TASK TO CARRY OUT: Look through the data below, and copy each line that carries the word "Prelude".

RECORDED INFORMATION:
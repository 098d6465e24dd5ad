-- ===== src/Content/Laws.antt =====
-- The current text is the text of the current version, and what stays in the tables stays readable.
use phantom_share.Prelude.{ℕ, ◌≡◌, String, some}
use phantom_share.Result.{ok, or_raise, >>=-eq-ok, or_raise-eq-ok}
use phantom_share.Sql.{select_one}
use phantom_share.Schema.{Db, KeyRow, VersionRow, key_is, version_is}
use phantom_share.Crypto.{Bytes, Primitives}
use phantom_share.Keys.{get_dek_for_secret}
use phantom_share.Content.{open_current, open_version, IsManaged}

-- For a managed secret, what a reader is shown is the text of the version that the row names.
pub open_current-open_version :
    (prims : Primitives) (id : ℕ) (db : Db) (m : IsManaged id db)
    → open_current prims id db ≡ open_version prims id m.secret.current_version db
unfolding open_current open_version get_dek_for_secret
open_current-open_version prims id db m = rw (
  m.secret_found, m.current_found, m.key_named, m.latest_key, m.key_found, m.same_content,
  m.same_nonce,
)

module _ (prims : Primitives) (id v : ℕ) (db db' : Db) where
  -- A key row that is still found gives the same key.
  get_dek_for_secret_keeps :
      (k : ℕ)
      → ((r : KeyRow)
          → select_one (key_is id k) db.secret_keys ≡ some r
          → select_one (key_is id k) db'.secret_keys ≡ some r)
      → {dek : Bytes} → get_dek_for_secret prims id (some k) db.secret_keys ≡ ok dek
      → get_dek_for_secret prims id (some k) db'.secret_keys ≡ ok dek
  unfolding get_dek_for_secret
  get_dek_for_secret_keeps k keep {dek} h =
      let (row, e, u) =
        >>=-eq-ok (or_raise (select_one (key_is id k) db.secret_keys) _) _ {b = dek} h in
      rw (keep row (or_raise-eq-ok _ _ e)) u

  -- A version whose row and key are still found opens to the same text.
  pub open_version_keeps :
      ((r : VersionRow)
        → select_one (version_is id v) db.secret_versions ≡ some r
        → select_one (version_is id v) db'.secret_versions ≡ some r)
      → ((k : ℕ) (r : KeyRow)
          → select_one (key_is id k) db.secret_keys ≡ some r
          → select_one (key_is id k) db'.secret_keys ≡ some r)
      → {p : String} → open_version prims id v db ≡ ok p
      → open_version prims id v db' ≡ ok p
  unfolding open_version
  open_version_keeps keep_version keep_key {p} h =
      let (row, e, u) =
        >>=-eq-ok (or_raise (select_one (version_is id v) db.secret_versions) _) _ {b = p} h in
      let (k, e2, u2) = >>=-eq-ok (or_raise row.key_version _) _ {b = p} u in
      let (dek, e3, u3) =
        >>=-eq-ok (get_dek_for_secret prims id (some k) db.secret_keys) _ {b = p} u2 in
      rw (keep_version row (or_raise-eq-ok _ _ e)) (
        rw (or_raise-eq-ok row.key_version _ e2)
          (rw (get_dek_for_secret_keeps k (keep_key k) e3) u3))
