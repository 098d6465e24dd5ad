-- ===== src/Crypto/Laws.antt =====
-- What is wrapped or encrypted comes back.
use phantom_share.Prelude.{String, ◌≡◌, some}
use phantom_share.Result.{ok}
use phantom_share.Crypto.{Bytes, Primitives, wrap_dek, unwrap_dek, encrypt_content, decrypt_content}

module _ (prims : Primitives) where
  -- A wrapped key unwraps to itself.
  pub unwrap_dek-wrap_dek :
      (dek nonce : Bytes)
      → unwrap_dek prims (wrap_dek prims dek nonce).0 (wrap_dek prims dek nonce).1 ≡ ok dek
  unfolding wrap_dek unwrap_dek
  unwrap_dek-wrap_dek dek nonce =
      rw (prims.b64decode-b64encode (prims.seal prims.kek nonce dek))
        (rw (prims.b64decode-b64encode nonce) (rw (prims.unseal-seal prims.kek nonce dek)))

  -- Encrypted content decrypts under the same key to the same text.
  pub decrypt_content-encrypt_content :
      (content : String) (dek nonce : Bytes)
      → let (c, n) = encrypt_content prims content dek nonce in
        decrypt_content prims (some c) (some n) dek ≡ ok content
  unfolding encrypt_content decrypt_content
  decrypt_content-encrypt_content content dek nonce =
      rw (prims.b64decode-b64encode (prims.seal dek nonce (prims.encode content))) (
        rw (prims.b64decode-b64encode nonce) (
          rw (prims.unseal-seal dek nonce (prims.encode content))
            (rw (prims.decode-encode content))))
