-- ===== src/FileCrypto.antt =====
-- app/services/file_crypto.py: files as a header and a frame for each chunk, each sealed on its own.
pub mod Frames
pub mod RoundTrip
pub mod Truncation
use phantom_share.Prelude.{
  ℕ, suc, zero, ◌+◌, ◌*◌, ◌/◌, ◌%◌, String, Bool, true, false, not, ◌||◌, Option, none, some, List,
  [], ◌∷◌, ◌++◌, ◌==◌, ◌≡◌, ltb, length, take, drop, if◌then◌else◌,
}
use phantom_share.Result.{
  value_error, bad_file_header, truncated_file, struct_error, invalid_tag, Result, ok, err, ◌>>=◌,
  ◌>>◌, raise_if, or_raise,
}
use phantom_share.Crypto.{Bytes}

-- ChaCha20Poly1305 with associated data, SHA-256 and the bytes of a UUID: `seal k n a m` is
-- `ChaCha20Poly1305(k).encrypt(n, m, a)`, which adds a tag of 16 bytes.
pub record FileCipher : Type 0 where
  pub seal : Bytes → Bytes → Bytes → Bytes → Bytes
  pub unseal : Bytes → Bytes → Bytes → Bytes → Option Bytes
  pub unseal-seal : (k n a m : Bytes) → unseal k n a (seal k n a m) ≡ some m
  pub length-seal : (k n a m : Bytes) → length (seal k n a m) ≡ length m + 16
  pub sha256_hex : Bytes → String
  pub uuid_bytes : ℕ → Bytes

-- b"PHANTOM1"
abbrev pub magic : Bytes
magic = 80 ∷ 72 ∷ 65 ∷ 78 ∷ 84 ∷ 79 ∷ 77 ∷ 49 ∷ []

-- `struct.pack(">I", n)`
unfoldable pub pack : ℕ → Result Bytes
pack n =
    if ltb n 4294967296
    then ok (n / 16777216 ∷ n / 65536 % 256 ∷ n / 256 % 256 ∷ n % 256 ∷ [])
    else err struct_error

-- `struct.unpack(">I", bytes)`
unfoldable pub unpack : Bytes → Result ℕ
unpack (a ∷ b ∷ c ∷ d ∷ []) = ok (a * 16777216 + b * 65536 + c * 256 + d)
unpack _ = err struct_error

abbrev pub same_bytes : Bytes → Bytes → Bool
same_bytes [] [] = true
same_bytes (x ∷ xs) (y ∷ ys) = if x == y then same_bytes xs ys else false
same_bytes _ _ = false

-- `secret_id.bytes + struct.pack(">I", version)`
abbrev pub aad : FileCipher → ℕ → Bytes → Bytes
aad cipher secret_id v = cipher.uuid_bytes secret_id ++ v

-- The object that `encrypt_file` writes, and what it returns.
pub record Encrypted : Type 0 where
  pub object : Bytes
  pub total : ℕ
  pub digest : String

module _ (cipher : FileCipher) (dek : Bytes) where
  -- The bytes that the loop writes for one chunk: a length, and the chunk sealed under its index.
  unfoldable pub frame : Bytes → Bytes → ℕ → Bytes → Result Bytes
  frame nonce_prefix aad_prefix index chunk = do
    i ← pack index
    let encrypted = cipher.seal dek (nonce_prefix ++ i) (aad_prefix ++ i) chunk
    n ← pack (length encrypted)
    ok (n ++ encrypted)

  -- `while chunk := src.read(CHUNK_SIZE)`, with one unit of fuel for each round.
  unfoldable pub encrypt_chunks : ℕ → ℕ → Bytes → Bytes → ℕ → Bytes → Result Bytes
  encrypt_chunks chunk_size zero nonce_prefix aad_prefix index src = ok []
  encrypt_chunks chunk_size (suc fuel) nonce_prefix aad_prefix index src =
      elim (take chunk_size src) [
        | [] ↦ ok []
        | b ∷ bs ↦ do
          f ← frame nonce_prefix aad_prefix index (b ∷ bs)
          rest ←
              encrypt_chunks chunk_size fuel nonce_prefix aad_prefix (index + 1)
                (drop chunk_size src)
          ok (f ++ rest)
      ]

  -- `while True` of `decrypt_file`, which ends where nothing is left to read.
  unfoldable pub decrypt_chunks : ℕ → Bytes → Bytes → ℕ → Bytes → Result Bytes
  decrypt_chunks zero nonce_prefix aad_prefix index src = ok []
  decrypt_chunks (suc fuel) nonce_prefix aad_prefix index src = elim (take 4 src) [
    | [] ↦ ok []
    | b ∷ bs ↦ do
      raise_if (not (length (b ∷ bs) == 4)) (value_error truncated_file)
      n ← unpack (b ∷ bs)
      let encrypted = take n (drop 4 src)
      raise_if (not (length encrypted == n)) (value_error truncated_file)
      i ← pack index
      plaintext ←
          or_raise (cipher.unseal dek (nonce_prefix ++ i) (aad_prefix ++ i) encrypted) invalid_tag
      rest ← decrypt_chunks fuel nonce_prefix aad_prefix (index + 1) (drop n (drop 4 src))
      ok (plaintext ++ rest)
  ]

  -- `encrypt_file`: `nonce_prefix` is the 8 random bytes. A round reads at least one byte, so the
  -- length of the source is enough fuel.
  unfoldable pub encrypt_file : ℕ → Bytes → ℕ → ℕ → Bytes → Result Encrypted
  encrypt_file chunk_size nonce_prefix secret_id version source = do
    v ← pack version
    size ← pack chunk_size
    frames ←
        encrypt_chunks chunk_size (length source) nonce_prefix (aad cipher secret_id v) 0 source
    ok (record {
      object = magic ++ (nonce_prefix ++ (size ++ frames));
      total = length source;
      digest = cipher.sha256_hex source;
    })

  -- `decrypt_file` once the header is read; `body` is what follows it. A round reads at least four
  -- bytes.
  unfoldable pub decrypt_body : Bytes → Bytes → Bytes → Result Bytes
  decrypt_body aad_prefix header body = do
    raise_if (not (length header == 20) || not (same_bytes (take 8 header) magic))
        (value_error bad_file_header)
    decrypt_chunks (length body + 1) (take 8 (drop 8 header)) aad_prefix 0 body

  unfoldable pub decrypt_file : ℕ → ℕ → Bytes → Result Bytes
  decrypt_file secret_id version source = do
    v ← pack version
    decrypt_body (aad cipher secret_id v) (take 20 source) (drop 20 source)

REPLY:
use phantom_share.Prelude.{ℕ, ◌≡◌, String, some}
use phantom_share.Prelude.{String, ◌≡◌, some}
use phantom_share.Prelude.{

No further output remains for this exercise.